In The Search, Boreth always struck me more as a mad scientist than a diplomat. In the simulation, he was playing the role, and felt like he was playing the role, if that made sense. Indeed, even in the simulation, he’s a lot less charming and ingratiating than Weyoun. There was a lot less effort in his performance for Sisko’s benefit. Interacting with the Founder, he seems more invested in his work than in pleasing her and satisfying her needs.
Combs gave the Vorta a lot more awe around the Founders, a lot more courtesy in their interactions with outsiders, a sharp edge that was buried beneath a lot more charm. (And you can see that in later Vorta, most notably in The Ship, even in Yelgrun and Keevan.) Boreth seems like a much more straightforward operator.
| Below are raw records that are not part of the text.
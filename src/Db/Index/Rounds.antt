-- ===== src/Db/Index/Rounds.antt =====
-- db/memory.go: what one round of each loop over the indexes does to the references of an index.
use alma_backend_task.Prelude.{
  ℕ, ◌+◌, ◌-◌, ◌≤◌, String, ◌≡◌, refl, ◌≢◌, Bool, true, false, Option, none, some, ok, ite, arith,
  String-discrete, >>=-eq-ok,
}
use alma_backend_task.Value.{Value, Value-discrete, strs, go_eq}
use alma_backend_task.Db.Types.{Record, Index, Outcome, at}
use alma_backend_task.Db.Index.{
  append_to_index, remove_from_index, add_field, drop_field, move_unless, move_pk, move_values,
  move_field,
}
use alma_backend_task.Db.Index.Refs.{refs, hit, refs-append_pk, refs-remove_pk}

-- 1 if the field holds the value.
abbrev pub field_weight : Option Value → Value → ℕ
field_weight none v = 0
field_weight (some w) v = ite (Value-discrete w v) 1 0

-- 1 if there is a record and its field holds the value.
abbrev pub weight : Option Record → String → Value → ℕ
weight none f v = 0
weight (some r) f v = field_weight (at f r) v

go_eq-eq-ok :
    (a b : Value) {c : Bool}
    → ◌≡◌ {A = Outcome Bool} (go_eq a b) (ok c)
    → c ≡ ite (Value-discrete a b) true false
unfolding go_eq
go_eq-eq-ok (strs ss) (strs ts) h = cc
go_eq-eq-ok a b h = cc

module _ (pk q : String) (v : Value) (idx : Index) where
  append-refs :
      (w : Value) {idx' : Index}
      → append_to_index w pk idx ≡ ok idx'
      → refs idx' v q ≡ refs idx v q + ite (String-discrete pk q) (field_weight (some w) v) 0
  unfolding append_to_index hit
  append-refs w h = ground (arith, refs-append_pk w v pk q idx)

  remove-refs :
      (w : Value) {idx' : Index}
      → remove_from_index w pk idx ≡ ok idx'
      → refs idx' v q ≡ refs idx v q - ite (String-discrete pk q) (field_weight (some w) v) 0
  unfolding remove_from_index hit
  remove-refs w h = ground (arith, refs-remove_pk w v pk q idx)

module _ (pk q : String) (v : Value) (idx : Index) (old new : Value) where
  move_unless-refs :
      (same : Bool) {idx' : Index}
      → same ≡ ite (Value-discrete old new) true false
      → move_unless same old new pk idx ≡ ok idx'
      → field_weight (some old) v ≤ refs idx v pk
      → refs idx' v q + ite (String-discrete pk q) (field_weight (some old) v) 0
        ≡ refs idx v q + ite (String-discrete pk q) (field_weight (some new) v) 0
  unfolding move_unless
  move_unless-refs true e h listed = ground arith
  move_unless-refs false e h listed =
      let (idx₁, removed, appended) = >>=-eq-ok (remove_from_index old pk idx) _ h in
      ground (arith, remove-refs pk q v idx old removed, append-refs pk q v idx₁ new appended)

  -- A key moves from the old value to the new one, if it was listed under the old one.
  pub move_pk-refs :
      {idx' : Index}
      → move_pk old new pk idx ≡ ok idx'
      → field_weight (some old) v ≤ refs idx v pk
      → refs idx' v q + ite (String-discrete pk q) (field_weight (some old) v) 0
        ≡ refs idx v q + ite (String-discrete pk q) (field_weight (some new) v) 0
  unfolding move_pk
  move_pk-refs h listed =
      let (same, e, h') = >>=-eq-ok (go_eq old new) _ h in
      move_unless-refs same (go_eq-eq-ok old new e) h' listed

-- The field of an existing record after a merge.
abbrev pub or_else : Option Value → Option Value → Option Value
or_else none old = old
or_else (some new) old = some new

move_values-refs :
    (pk q : String) (v : Value) (idx : Index) (new old : Option Value) {idx' : Index}
    → move_values new old pk idx ≡ ok idx'
    → old ≢ none
    → field_weight old v ≤ refs idx v pk
    → refs idx' v q + ite (String-discrete pk q) (field_weight old v) 0
      ≡ refs idx v q + ite (String-discrete pk q) (field_weight (or_else new old) v) 0
unfolding move_values
move_values-refs pk q v idx none old h full listed = ground arith
move_values-refs pk q v idx (some new) none h full listed = absurd (full refl)
move_values-refs pk q v idx (some new) (some old) h full listed =
    move_pk-refs pk q v idx old new h listed

module _ (pk q f : String) (v : Value) (idx : Index) where
  pub add_field-refs :
      (r : Record) {idx' : Index}
      → add_field r pk f idx ≡ ok idx'
      → refs idx' v q ≡ refs idx v q + ite (String-discrete pk q) (weight (some r) f v) 0
  unfolding add_field
  add_field-refs r h = grind (arith, append-refs pk q v idx)

  pub drop_field-refs :
      (r : Record) {idx' : Index}
      → drop_field r pk f idx ≡ ok idx'
      → refs idx' v q ≡ refs idx v q - ite (String-discrete pk q) (weight (some r) f v) 0
  unfolding drop_field
  drop_field-refs r h = grind (arith, remove-refs pk q v idx)

  -- The record must have held the field, or the index keeps no reference for the new value.
  pub move_field-refs :
      (existing r : Record) {idx' : Index}
      → move_field existing r pk f idx ≡ ok idx'
      → at f existing ≢ none
      → weight (some existing) f v ≤ refs idx v pk
      → refs idx' v q + ite (String-discrete pk q) (weight (some existing) f v) 0
        ≡ refs idx v q
          + ite (String-discrete pk q) (field_weight (or_else (at f r) (at f existing)) v) 0
  unfolding move_field
  move_field-refs existing r h full listed =
      move_values-refs pk q v idx (at f r) (at f existing) h full listed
You could as well believe that Odo and Kira are just on the founder’s planet and that this has not so much to do with the situation on DS9. I believe we only get to know at the end of Part II that the founders are indeed Odo’s people. Maybe that is why one is not bothered by those two separate plots.
The only strange thing is that Sisko et al. never mentions missing Kira or Odo. That would make the simulation much more believable than it already is.
In the simulation, when Sisko and Bashir are picked up by Dax and O’Brien, Sisko does enquire about the others (though not by name), and Dax admits there’s no sign of them yet.